DATASET CONTENT:
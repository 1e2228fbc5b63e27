-- ===== src/Media/Engine/Sessions.antt =====
-- Starting and stopping sessions, one after the other and at the same time.
use mathlib.Core.List.Memᴰ
use mathlib.Core.List.{Memᴰ}
use mathlib.Core.Option
use textbee_gateway.Prelude.{
  ℕ, ◌≡◌, ◌⊎◌, refl, ap, arith, Bool, true, false, none, some, String, List, [], ◌∷◌, Result, ok,
  err, Option-cases, inl, inr, ◌===◌, ===_iff, ===_refl, if◌then◌else◌,
}
use textbee_gateway.JsMap.{JsMap, get, set, keys}
use textbee_gateway.JsMap.Laws.{get-set, get-delete, get-set_self, get-keys}
use textbee_gateway.Media.Engine.{
  MediaEngine, MediaSession, MediaError, already_active, Randoms, fresh_session, begin_session,
  finish_session, start_session, stop_session, is_active, bind_available_port, finish_if, shutdown,
  stop_all,
}

-- A second start for a call that has a session is refused and changes nothing.
pub start_session_active :
    (free : ℕ → Bool) (connected : Bool) (r : Randoms) (call_id : String) (e : MediaEngine)
    → is_active call_id e ≡ true
    → start_session free connected r call_id e ≡ (err (already_active call_id), e)
unfolding start_session is_active
start_session_active free connected r call_id e h = rw h

-- What a start may have done to the sessions: nothing where it throws; where it returns a port,
-- the call has a new session on that port, and every other session is as it was.
abbrev pub Started :
    MediaEngine → Randoms → String → String → Result MediaError (String × ℕ) × MediaEngine → Type 0
Started e r call_id other (err x, e') = get other e'.sessions ≡ get other e.sessions
Started e r call_id other (ok (host, port), e') =
    get other e'.sessions
    ≡ (if call_id === other then some (fresh_session call_id port r) else get other e.sessions)

begin_session-sessions :
    (free : ℕ → Bool) (call_id : String) (e : MediaEngine)
    → (begin_session free call_id e).1.sessions ≡ e.sessions
unfolding begin_session
begin_session-sessions free call_id e = ground arith

finish_if-Started :
    (connected : Bool) (r : Randoms) (call_id other : String) (e : MediaEngine)
    (begun : Result MediaError ℕ × MediaEngine)
    → begun.1.sessions ≡ e.sessions
    → Started e r call_id other (finish_if connected r call_id begun)
unfolding finish_if
finish_if-Started connected r call_id other e (err x, e') h = ap (get other) h
finish_if-Started false r call_id other e (ok port, e') h = ap (get other) h
finish_if-Started true r call_id other e (ok port, e') h =
    rw (← h) (get-set call_id other (fresh_session call_id port r) e'.sessions)

-- A start that throws leaves every session as it was. One that returns a port gives the call a new
-- session on it, and leaves the session of every other call as it was.
pub start_session-Started :
    (free : ℕ → Bool) (connected : Bool) (r : Randoms) (call_id : String) (e : MediaEngine)
    (other : String)
    → Started e r call_id other (start_session free connected r call_id e)
unfolding start_session
start_session-Started free connected r call_id e other =
    finish_if-Started connected r call_id other e (begin_session free call_id e)
      (begin_session-sessions free call_id e)

-- Stopping closes the socket of the call's session, if it has one, and ends that session alone.
pub stop_session_lem :
    (call_id : String) (e : MediaEngine) (other : String)
    → ((stop_session call_id e).0 ≡ Option.map (λ s. s.local_port) (get call_id e.sessions))
      × (get other (stop_session call_id e).1.sessions
          ≡ (if call_id === other then none else get other e.sessions))
unfolding stop_session
stop_session_lem call_id e other = elim (Option-cases (get call_id e.sessions)) [
  | inl absent ↦ (
    rw (absent, stop_session) refl,
    rw (absent, stop_session) (ground (arith, ===_iff call_id other)),
  )
  | inr (s, present) ↦ (
    rw (present, stop_session) refl,
    rw (present, stop_session) (get-delete call_id other e.sessions),
  )
]

stop_session-none :
    (call_id other : String) (e : MediaEngine)
    → get other e.sessions ≡ none
    → get other (stop_session call_id e).1.sessions ≡ none
stop_session-none call_id other e h = ground (arith, (stop_session_lem call_id e other).1)

stop_all-none :
    (call_ids : List String) (other : String) (e : MediaEngine)
    → (get other e.sessions ≡ none) ⊎ Memᴰ other call_ids
    → get other (stop_all call_ids e).1.sessions ≡ none
unfolding stop_all
stop_all-none [] other e (inl h) = h
stop_all-none [] other e (inr m) = absurd (Memᴰ.not-nil m)
stop_all-none (c ∷ cs) other e (inl h) =
    stop_all-none cs other (stop_session c e).1 (inl (stop_session-none c other e h))
stop_all-none (c ∷ cs) other e (inr m) = elim (Memᴰ.cases_cons m) [
  | inl here ↦
      stop_all-none cs other (stop_session c e).1
        (inl (rw ((stop_session_lem c e other).1, here, ===_refl)))
  | inr later ↦ stop_all-none cs other (stop_session c e).1 (inr later)
]

-- After a shutdown no call has a session.
pub shutdown-idle : (e : MediaEngine) (call_id : String) → is_active call_id (shutdown e).1 ≡ false
unfolding shutdown is_active
shutdown-idle e call_id = elim (Option-cases (get call_id e.sessions)) [
  | inl absent ↦ rw (stop_all-none (keys e.sessions) call_id e (inl absent))
  | inr (s, present) ↦
      rw (stop_all-none (keys e.sessions) call_id e (inr (get-keys call_id e.sessions s present)))
]

begin_session_idle :
    (free : ℕ → Bool) (call_id : String) (e : MediaEngine) {p : ℕ}
    → is_active call_id e ≡ false
    → (bind_available_port free e).0 ≡ some p
    → begin_session free call_id e ≡ (ok p, (bind_available_port free e).1)
unfolding begin_session is_active bind_available_port
begin_session_idle free call_id e idle bound = rw (idle, bound)

stop_session_fresh :
    (call_id : String) (s : MediaSession) (e : MediaEngine) (m : JsMap MediaSession)
    → e.sessions ≡ set call_id s m
    → ((stop_session call_id e).0 ≡ some s.local_port)
      × (is_active call_id (stop_session call_id e).1 ≡ false)
unfolding is_active
stop_session_fresh call_id s e m at =
    let found : get call_id e.sessions ≡ some s = rw at (get-set_self call_id s m) in
    let (closed, left) = stop_session_lem call_id e call_id in
    (rw closed (rw found), rw left (rw ===_refl))

-- Two sessions for one call, one set after the other: stopping closes the second one's socket.
finished_twice :
    (r r' : Randoms) (call_id : String) (p p' : ℕ) (e : MediaEngine)
    → let (started, e1) = finish_session true r call_id p e in
      let (started', e2) = finish_session true r' call_id p' e1 in
      let (closed, e3) = stop_session call_id e2 in
      (started ≡ ok (e.local_host, p))
      × (started' ≡ ok (e.local_host, p'))
      × (closed ≡ some p')
      × (is_active call_id e3 ≡ false)
unfolding finish_session
finished_twice r r' call_id p p' e =
    let stopped =
      stop_session_fresh call_id (fresh_session call_id p' r')
        (finish_session true r' call_id p' (finish_session true r call_id p e).1).1 _ refl in
    (refl, refl, stopped.0, stopped.1)

-- Two starts of one call, of which the second begins before the provider of the first is connected.
-- Both return a port, and whichever provider connects last, only that one's port is ever closed:
-- the session that `stopSession` finds is that one, and after it the call has none.
pub overlapping_starts :
    (free free' : ℕ → Bool) (r r' : Randoms) (call_id : String) (e : MediaEngine) {p p' : ℕ}
    → is_active call_id e ≡ false
    → (bind_available_port free e).0 ≡ some p
    → (bind_available_port free' (bind_available_port free e).1).0 ≡ some p'
    → let (begun, e1) = begin_session free call_id e in
      let (begun', e2) = begin_session free' call_id e1 in
      let (started, e3) = finish_session true r call_id p e2 in
      let (started', e4) = finish_session true r' call_id p' e3 in
      let (closed, e5) = stop_session call_id e4 in
      let (late', f3) = finish_session true r' call_id p' e2 in
      let (late, f4) = finish_session true r call_id p f3 in
      let (shut, f5) = stop_session call_id f4 in
      (begun ≡ ok p)
      × (begun' ≡ ok p')
      × ((started ≡ ok (e2.local_host, p))
          × (started' ≡ ok (e2.local_host, p'))
          × (closed ≡ some p')
          × (is_active call_id e5 ≡ false))
      × ((late' ≡ ok (e2.local_host, p'))
          × (late ≡ ok (e2.local_host, p))
          × (shut ≡ some p)
          × (is_active call_id f5 ≡ false))
overlapping_starts free free' r r' call_id e {p} {p'} idle bound bound' =
    let first = begin_session_idle free call_id e idle bound in
    let e1 = (bind_available_port free e).1 in
    let second =
      begin_session_idle free' call_id e1 (unfold is_active bind_available_port in idle) bound' in
    rw (first, second)
      (
        refl,
        refl,
        finished_twice r r' call_id p p' (bind_available_port free' e1).1,
        finished_twice r' r call_id p' p (bind_available_port free' e1).1,
      )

WHAT YOU ARE ASKED TO DO:
Go through the material above and return each line that holds the word "delete".

FINISHED TASK:
use textbee_gateway.JsMap.Laws.{get-set, get-delete, get-set_self, get-keys}
    rw (present, stop_session) (get-delete call_id other e.sessions),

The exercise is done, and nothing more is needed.